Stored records
-- Opening Marker --
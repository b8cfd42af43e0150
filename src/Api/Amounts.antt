-- ===== src/Api/Amounts.antt =====
-- `format_token_amount` of crates/http-api/src/support.rs: raw token amounts with a decimal point.
pub mod Shows
use explorer_backend.Base.{
  Bool, Option, Text, [], all, codes, drop, if◌then◌else◌, is_empty, leb, length, none, replicate,
  some, take, text_beq, trim, trim_end_if, ℕ, ◌++◌, ◌-◌, ◌==◌, ◌||◌, ◌∷◌, nat_eq,
}
use explorer_backend.Api.{is_digit}

abbrev is_zero : ℕ → Bool
is_zero c = c == b'0'

unfoldable pub trim_zeros : Text → Text
unfolding trim_end_if
trim_zeros s = trim_end_if is_zero s

unfoldable pub with_point : Text → Text → Text
with_point whole decimal_part =
    if is_empty decimal_part then whole else whole ++ b'.' ∷ decimal_part

-- The digits without a sign.
unfoldable pub format_digits : Text → ℕ → Text
format_digits digits token_decimals =
    if leb (length digits) token_decimals
    then with_point (codes "0")
        (trim_zeros (replicate (token_decimals - length digits) b'0' ++ digits))
    else let decimal_start = length digits - token_decimals in
      with_point (take decimal_start digits) (trim_zeros (drop decimal_start digits))

-- What follows a minus, if there is one.
unfoldable pub after_minus : Text → Option Text
after_minus [] = none
after_minus (c ∷ s) = if c == b'-' then some s else none

format_signed : Text → Option Text → ℕ → Text
format_signed amount none token_decimals =
    if all is_digit amount then format_digits amount token_decimals else amount
format_signed amount (some digits) token_decimals =
    let formatted = format_digits digits token_decimals in
    if all is_digit digits
    then (if text_beq formatted (codes "0") then formatted else b'-' ∷ formatted)
    else amount

unfoldable pub format_token_amount : Text → ℕ → Text
unfolding format_signed
format_token_amount value token_decimals =
    let amount = trim value in
    if text_beq amount (codes "0") || (token_decimals == 0)
    then amount
    else format_signed amount (after_minus amount) token_decimals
-- Closing Marker --
Work request => Could you transcribe the entries exactly, from the first line through the line containing "after_minus [] = none", and give nothing more?

Solution to the exercise =>
repository b8cfd42af43e0150
filename src/Api/Amounts.antt
-- ===== src/Api/Amounts.antt =====
-- `format_token_amount` of crates/http-api/src/support.rs: raw token amounts with a decimal point.
pub mod Shows
use explorer_backend.Base.{
  Bool, Option, Text, [], all, codes, drop, if◌then◌else◌, is_empty, leb, length, none, replicate,
  some, take, text_beq, trim, trim_end_if, ℕ, ◌++◌, ◌-◌, ◌==◌, ◌||◌, ◌∷◌, nat_eq,
}
use explorer_backend.Api.{is_digit}

abbrev is_zero : ℕ → Bool
is_zero c = c == b'0'

unfoldable pub trim_zeros : Text → Text
unfolding trim_end_if
trim_zeros s = trim_end_if is_zero s

unfoldable pub with_point : Text → Text → Text
with_point whole decimal_part =
    if is_empty decimal_part then whole else whole ++ b'.' ∷ decimal_part

-- The digits without a sign.
unfoldable pub format_digits : Text → ℕ → Text
format_digits digits token_decimals =
    if leb (length digits) token_decimals
    then with_point (codes "0")
        (trim_zeros (replicate (token_decimals - length digits) b'0' ++ digits))
    else let decimal_start = length digits - token_decimals in
      with_point (take decimal_start digits) (trim_zeros (drop decimal_start digits))

-- What follows a minus, if there is one.
unfoldable pub after_minus : Text → Option Text
after_minus [] = none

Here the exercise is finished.